» **YOUR GOAL**: Gather every line in the records below that contains the word "untouched".
*** Begin section ***
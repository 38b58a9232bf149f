-- ===== src/Device/Mapping.antt =====
-- What mapping and unmapping a bulk buffer do to the sessions.
use trustonic_tee_user_space.Prelude.{
  ℕ, ◌≡◌, refl, ap, map, ◌∙◌, some, arith, ◌==◌, Option-cases, Bool-cases, inl, inr,
}
use trustonic_tee_user_space.Status.{mc_drv_ok, mcp_ok}
use trustonic_tee_user_space.TrustletSession.{
  TrustletSession, Wsm, add_bulk_buff, remove_bulk_buff, find_bulk_buff,
}
use trustonic_tee_user_space.Device.{Device, Env, cmd_map, cmd_unmap, wsm_l2, response_id}
use trustonic_tee_user_space.Device.Replies.{mcp_command-confirmed}
use trustonic_tee_user_space.Device.Mcp.{mcp_command}
use trustonic_tee_user_space.Device.Sessions.{find_session}
use trustonic_tee_user_space.OrdMap.{find}
use trustonic_tee_user_space.Device.Irq.{update_at}
use trustonic_tee_user_space.Device.Lookups.{
  Owned, without_buffer, find_session-Owned, find_bulk_buff-found, map-update_at,
}
use trustonic_tee_user_space.Device.Commands.{map_bulk, unmap_bulk}
use trustonic_tee_user_space.Device.Skeleton.{fixed, skeleton, mcp_command-Framed}
use trustonic_tee_user_space.Device.Ownership.{Distinct, is_other, others, find_session-NotOther}
use trustonic_tee_user_space.Device.Closing.{Isolated, Isolated-Framed, Isolated-update}

add-other :
    (c : ℕ) (w : Wsm) (s : TrustletSession)
    → ((add_bulk_buff s w).0.address ≡ s.address)
      × (is_other c (add_bulk_buff s w).0 ≡ is_other c s)
unfolding add_bulk_buff
add-other c w s = ground arith

remove-other :
    (c h : ℕ) (s : TrustletSession)
    → ((remove_bulk_buff s h).0.address ≡ s.address)
      × (is_other c (remove_bulk_buff s h).0 ≡ is_other c s)
unfolding remove_bulk_buff
remove-other c h s = ground arith

-- If no two sessions share an address, a client that maps a buffer, whatever the secure world
-- answers, leaves the sessions of every other client in place, with their buffers; addresses stay
-- distinct.
pub map_bulk-others :
    (env : Env) (d : Device) (c session_id handle p_addr_l2 offset_payload len_bulk_mem : ℕ)
    → Distinct d.sessions
    → let d' = (map_bulk env d c session_id handle p_addr_l2 offset_payload len_bulk_mem).2 in
      (others c (skeleton d') ≡ others c (skeleton d)) × Distinct d'.sessions
unfolding map_bulk
map_bulk-others env d c session_id handle p_addr_l2 offset_payload len_bulk_mem h =
    elim (Option-cases (find_session d c session_id)) [
      | inl e ↦ rw (e, map_bulk) (refl, h)
      | inr (s, e) ↦
          let w : Wsm = record { len = len_bulk_mem; handle = handle; phys_addr = p_addr_l2 } in
          let start : Isolated c s.address d d = record {
            distinct = h;
            own = find_session-NotOther d c session_id s h e;
            untouched = refl;
          } in
          let added =
            Isolated-update d (λ t. (add_bulk_buff t w).0) (λ t. (add-other c w t).0)
              (λ t o. (add-other c w t).1 ∙ o) start in
          let done =
            Isolated-Framed
              (mcp_command-Framed env
                (cmd_map session_id wsm_l2 p_addr_l2 offset_payload len_bulk_mem) _)
              added in
          rw (e, map_bulk) (done.untouched, done.distinct)
    ]

-- If no two sessions share an address, a client that unmaps a buffer, whatever the secure world
-- answers, leaves the sessions of every other client in place, with their buffers; addresses stay
-- distinct.
pub unmap_bulk-others :
    (env : Env) (d : Device) (c session_id handle secure_virtual_adr len_bulk_mem : ℕ)
    → Distinct d.sessions
    → let d' = (unmap_bulk env d c session_id handle secure_virtual_adr len_bulk_mem).1 in
      (others c (skeleton d') ≡ others c (skeleton d)) × Distinct d'.sessions
unfolding unmap_bulk
unmap_bulk-others env d c session_id handle secure_virtual_adr len_bulk_mem h =
    elim (Option-cases (find_session d c session_id)) [
      | inl e ↦ rw (e, unmap_bulk) (refl, h)
      | inr (s, e) ↦ elim (Bool-cases (find_bulk_buff s handle len_bulk_mem)) [
        | inr unknown ↦ rw (e, unknown, unmap_bulk) (refl, h)
        | inl known ↦
            let start : Isolated c s.address d d = record {
              distinct = h;
              own = find_session-NotOther d c session_id s h e;
              untouched = refl;
            } in
            let (ret, d') =
              mcp_command env (cmd_unmap session_id wsm_l2 secure_virtual_adr len_bulk_mem) d in
            let told : Isolated c s.address d d' =
              Isolated-Framed
                (mcp_command-Framed env
                  (cmd_unmap session_id wsm_l2 secure_virtual_adr len_bulk_mem) d)
                start in
            let removed =
              Isolated-update d' (λ t. (remove_bulk_buff t handle).0)
                (λ t. (remove-other c handle t).0) (λ t o. (remove-other c handle t).1 ∙ o) told in
            elim (Bool-cases (ret == mc_drv_ok)) [
              | inl done ↦ rw (e, known, done, unmap_bulk) (removed.untouched, removed.distinct)
              | inr bad ↦ rw (e, known, bad, unmap_bulk) (told.untouched, told.distinct)
            ]
      ]
    ]

-- An unmap that is reported as done was asked by the owner of a session in the list with that id,
-- which had a buffer of that length under the handle, and the secure world confirmed it: its
-- response is that of the command, with success. Afterwards the session at that address has the
-- buffer no more, and nothing else of any session has changed but queues and states.
pub unmap_bulk-confirmed :
    (env : Env) (d : Device) (c session_id handle secure_virtual_adr len_bulk_mem : ℕ)
    → (unmap_bulk env d c session_id handle secure_virtual_adr len_bulk_mem).0 ≡ mc_drv_ok
    → let command = cmd_unmap session_id wsm_l2 secure_virtual_adr len_bulk_mem in
      (s : TrustletSession) × Owned d.sessions c session_id s
      × ((w : Wsm) × (find handle s.buffers ≡ some w) × (w.len ≡ len_bulk_mem))
      × ((env.exchange d.log command).rsp.rsp_id ≡ response_id command)
      × ((env.exchange d.log command).rsp.result ≡ mcp_ok)
      × (skeleton (unmap_bulk env d c session_id handle secure_virtual_adr len_bulk_mem).1
          ≡ update_at s.address (without_buffer handle) (skeleton d))
unfolding unmap_bulk
unmap_bulk-confirmed env d c session_id handle secure_virtual_adr len_bulk_mem =
    let command = cmd_unmap session_id wsm_l2 secure_virtual_adr len_bulk_mem in
    elim (Option-cases (find_session d c session_id)) [
      | inl e ↦ rw (e, unmap_bulk) (λ h. absurd (omega arith))
      | inr (s, e) ↦ elim (Bool-cases (find_bulk_buff s handle len_bulk_mem)) [
        | inr unknown ↦ rw (e, unknown, unmap_bulk) (λ h. absurd (omega arith))
        | inl known ↦
            let (ret, d') = mcp_command env command d in
            let framed = mcp_command-Framed env command d in
            let left : map fixed
                  (update_at s.address (λ t. (remove_bulk_buff t handle).0) d'.sessions)
                ≡ update_at s.address (without_buffer handle) (skeleton d) =
              map-update_at s.address handle d'.sessions
              ∙ ap (update_at s.address (without_buffer handle)) framed.same_sessions in
            elim (Bool-cases (ret == mc_drv_ok)) [
              | inr bad ↦ rw (e, known, bad, unmap_bulk) (λ h. absurd (ground (arith, bad, h)))
              | inl good ↦
                  rw (e, known, good, unmap_bulk)
                    (λ h.
                      let (right, done, same) = mcp_command-confirmed env command d h in
                      (
                        s,
                        find_session-Owned d c session_id s e,
                        find_bulk_buff-found s handle len_bulk_mem known,
                        right,
                        done,
                        left,
                      ))
            ]
      ]
    ]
*** End section ***
» **FINAL ANSWER**:
            untouched = refl;
          rw (e, map_bulk) (done.untouched, done.distinct)
              untouched = refl;
              | inl done ↦ rw (e, known, done, unmap_bulk) (removed.untouched, removed.distinct)
              | inr bad ↦ rw (e, known, bad, unmap_bulk) (told.untouched, told.distinct)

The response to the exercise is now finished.